Jul 22, 2015 20:49
I feel like death has been a big topic in my most recent public writing. Even in my not-public writing. I am seemingly becoming somewhat seasoned in handling it. My last public entry, however, was after watching Marco Simoncelli die on live television -- not someone I knew, but someone who I admired and had photographed and was hoping to see blossom into a seasoned veteran of his sport. On top of that, I lost both parents, and two grandparents. There have been others, but none so public and none so poignant.
Today I received the news that a good friend of some of my friends has passed on, also doing what he loved. This was an individual I had met through my climbing gym a handful of times and I knew that he was a super awesome dude. His moment was also captured on camera, as part of a sport that he loved and lived for. Life is dangerous sometimes.
I'm not going to go into details about the what, where and how; nor will I discuss the inherent risks that some of us take to do the things that free us. Rather, this sobering day, requires more of a reflection of life in general. I had a conversation today that revolved around this, and how much risk we are all willing to take to do these things -- these things that we must do, purely for the goodness and health of the soul; things that appeal to the depths of our being, like nothing else can.
Do we all really know what these things even are? I am still disovering this. Well into my 30s and I am only beginning to learn what honestly moves me, frees me, and swells my soul into the size of a mountain. How is it that only now I am learning what grows my spirit? What puts the biggest smile on my face? What makes my heart sing? If I have learned anything from knowing people who are considered "extreme athletes" it is that there is no time to waste. Recently something occured to me:
Everything we do is to fill the space between birth and death.
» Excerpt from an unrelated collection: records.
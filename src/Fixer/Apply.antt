-- ===== src/Fixer/Apply.antt =====
-- internal/fixer/fixer.go: `inspect` and `Apply`, on the documents of a stream.
pub mod Documents
pub mod Unreported
pub mod Workloads
pub mod Errors
use aegis_ebpf.Base.{
  ℕ, ◌+◌, Bool, true, false, not, ◌&&◌, List, [], ◌∷◌, ◌++◌, Option, none, some, Bytes, codes,
  Result, ok, err, ◌>>=◌, if◌then◌else◌, ◌==◌, ◌=b◌,
}
use aegis_ebpf.Fixer.Engine.{Edit, run_plan}
use aegis_ebpf.Fixer.Operation.{
  Operation, PatchOp, ApplyError, no_workload, syntax, Compiled, compile,
}
use aegis_ebpf.Fixer.Render.{render}
use aegis_ebpf.Fixer.Yaml.{
  Node, node, Nodes, nil, cons, content, with_content, is_document, is_mapping, lookup, store,
  scalar_text, Yaml,
}

-- The fields of a `DocumentPatch` that `inspect` fills in.
pub record Identity : Type 0 where
  pub api_version : Bytes
  pub kind : Bytes
  pub name : Bytes
  pub namespace : Bytes

pub record DocumentPatch (Any : Type 0) : Type 0 where
  pub index : ℕ
  pub identity : Identity
  pub patch : List (PatchOp Any)

pub record ApplyResult (Any : Type 0) : Type 0 where
  pub manifest : Bytes
  pub documents : List (DocumentPatch Any)

abbrev pub template_spec : List Bytes
template_spec = codes "spec" ∷ codes "template" ∷ codes "spec" ∷ []

-- `podSpecPaths`.
unfoldable pub pod_spec_path : Bytes → Option (List Bytes)
pod_spec_path kind =
    if kind =b codes "Pod"
    then some (codes "spec" ∷ [])
    else if kind =b codes "Deployment"
    then some template_spec
    else if kind =b codes "ReplicaSet"
    then some template_spec
    else if kind =b codes "ReplicationController"
    then some template_spec
    else if kind =b codes "StatefulSet"
    then some template_spec
    else if kind =b codes "DaemonSet"
    then some template_spec
    else if kind =b codes "Job"
    then some template_spec
    else if kind =b codes "CronJob"
    then some (codes "spec" ∷ codes "jobTemplate" ∷ template_spec)
    else none

-- A field of `metadata`, where that is a mapping.
metadata_text : Bytes → Option Node → Bytes
metadata_text key none = []
metadata_text key (some meta) =
    if is_mapping meta then scalar_text (lookup key (content meta)) else []

unfoldable pub identity_of : Node → Identity
unfolding metadata_text
identity_of root = record {
  api_version = scalar_text (lookup (codes "apiVersion") (content root));
  kind = scalar_text (lookup (codes "kind") (content root));
  name = metadata_text (codes "name") (lookup (codes "metadata") (content root));
  namespace = metadata_text (codes "namespace") (lookup (codes "metadata") (content root));
}

module _ (y : Yaml) where
  open y use {Any, decode_stream}

  -- An edit behind a key, put back in its place.
  abbrev pub put_back : Node → Bytes → Edit Any → Edit Any
  put_back n key edit = do (v, ops) ← edit; ok (with_content n (store key v (content n)), ops)

  abbrev pub put_back_option : Node → Bytes → Option (Edit Any) → Option (Edit Any)
  put_back_option n key none = none
  put_back_option n key (some edit) = some (put_back n key edit)

  unfoldable pub below :
      (Node → Bytes → Option (Edit Any)) → Node → Bytes → Bytes → Option Node → Option (Edit Any)
  below sub n key ptr none = none
  below sub n key ptr (some v) =
      if is_mapping v then put_back_option n key (sub v (ptr ++ b'/' ∷ key)) else none

  -- The loop of `inspect` over the keys, with what is done at the node where it ends; `none` where a
  -- key is missing or its value is no mapping.
  unfoldable pub at_keys : List Bytes → (Node → Bytes → Edit Any) → Node → Bytes → Option (Edit Any)
  unfolding below
  at_keys [] edit n ptr = some (edit n ptr)
  at_keys (key ∷ keys) edit n ptr = below (at_keys keys edit) n key ptr (lookup key (content n))

  unfoldable pub in_root :
      (Node → Bytes → Edit Any) → Node → Option (List Bytes) → Option (Edit Any)
  in_root edit root none = none
  in_root edit root (some keys) = at_keys keys edit root []

  abbrev pub put_root : Node → Nodes → Edit Any → Edit Any
  put_root doc others edit = do (root, ops) ← edit; ok (with_content doc (cons root others), ops)

  abbrev pub put_root_option : Node → Nodes → Option (Edit Any) → Option (Edit Any)
  put_root_option doc others none = none
  put_root_option doc others (some edit) = some (put_root doc others edit)

  unfoldable pub in_document : (Node → Bytes → Edit Any) → Node → Nodes → Option (Edit Any)
  in_document edit doc nil = none
  in_document edit doc (cons root others) =
      if is_document doc && is_mapping root
      then put_root_option doc others (in_root edit root (pod_spec_path (identity_of root).kind))
      else none

  -- `inspect`, and an edit of the pod spec that it finds; `none` for a document that is no workload.
  unfoldable pub on_workload : (Node → Bytes → Edit Any) → Node → Option (Edit Any)
  unfolding in_document in_root
  on_workload edit doc = in_document edit doc (content doc)

  abbrev pub identity_in : Nodes → Identity
  identity_in nil = record { api_version = []; kind = []; name = []; namespace = [] }
  identity_in (cons root _) = identity_of root

  -- What the loop of `Apply` has so far: the documents with their flags in `changed`, the list of
  -- patches, and the number of workloads.
  pub record Applied : Type 0 where
    pub docs : List (Node × Bool)
    pub documents : List (DocumentPatch Any)
    pub workloads : ℕ

  abbrev pub is_changed : List (PatchOp Any) → Bool
  is_changed [] = false
  is_changed (_ ∷ _) = true

  -- One document, in front of those behind it.
  abbrev pub add_document : ℕ → Node → Node × List (PatchOp Any) → Applied → Applied
  add_document i doc (doc', ops) rest = record {
    docs = (doc', is_changed ops) ∷ rest.docs;
    documents =
        if is_changed ops
        then record { index = i; identity = identity_in (content doc); patch = ops }
          ∷ rest.documents
        else rest.documents;
    workloads = rest.workloads + 1;
  }

  abbrev pub skip_document : Node → Applied → Applied
  skip_document doc rest = record rest { docs = (doc, false) ∷ rest.docs }

  unfoldable pub apply_document :
      ℕ → Node → Option (Edit Any) → Result ApplyError Applied → Result ApplyError Applied
  apply_document i doc none more = do rest ← more; ok (skip_document doc rest)
  apply_document i doc (some edit) more = do
    edited ← edit
    rest ← more
    ok (add_document i doc edited rest)

  -- The loop of `Apply` over the documents, from the one at `i` on.
  unfoldable pub apply_from : List (Compiled Any) → ℕ → List Node → Result ApplyError Applied
  unfolding apply_document
  apply_from plan i [] = ok (record { docs = []; documents = []; workloads = 0 })
  apply_from plan i (doc ∷ docs) =
      apply_document i doc (on_workload (run_plan y plan) doc) (apply_from plan (i + 1) docs)

  abbrev pub decoded : Result Bytes (List Node) → Result ApplyError (List Node)
  decoded (ok docs) = ok docs
  decoded (err e) = err (syntax e)

  -- The manifest comes back as it is if no document has changed.
  unfoldable pub rendered :
      Bytes → Applied → List (DocumentPatch Any) → Result ApplyError (ApplyResult Any)
  rendered manifest a [] = ok (record { manifest = manifest; documents = [] })
  rendered manifest a (d ∷ ds) = do
    out ← render y manifest a.docs
    ok (record { manifest = out; documents = d ∷ ds })

  unfoldable pub finish_apply : Bytes → Applied → Result ApplyError (ApplyResult Any)
  unfolding rendered
  finish_apply manifest a =
      if a.workloads == 0 then err no_workload else rendered manifest a a.documents

  -- `Apply`.
  unfoldable pub apply : Bytes → List Operation → Result ApplyError (ApplyResult Any)
  unfolding finish_apply
  apply manifest ops = do
    plan ← compile y ops
    docs ← decoded (decode_stream manifest)
    a ← apply_from plan 0 docs
    finish_apply manifest a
Do what makes you feel good.
On this note (and on a very personal and sensitive one), I watched both of my parents suffer deeply as they passed from this world to the next, and both were in pain, both had regrets. My parents sacrificed much for each other, for me, for what they thought was the "correct" direction for life. I don't wish to speak ill of either of my parents, for I loved them dearly and they were both wonderful individuals. I want to say one thing though -- that if I had known what suffering their ends would bring, I would have pushed them out the door to do the things they always spoke of, but never "got around to" doing. It is cliche, but I am now going to say something I believe to be very important, and I want you, dear reader, to really think about it; take it to heart, if you will: Do not, under any circumstances, put off what you know will touch your soul. Do things. Go places. Get a wild hair up your ass to try something new and do it. Don't miss out on life. Do things that might kill you, and do them with a big fat smile on your face. Don't ever, ever, sit around one day and wish you had done something that would bring you joy. You cannot take back regrets.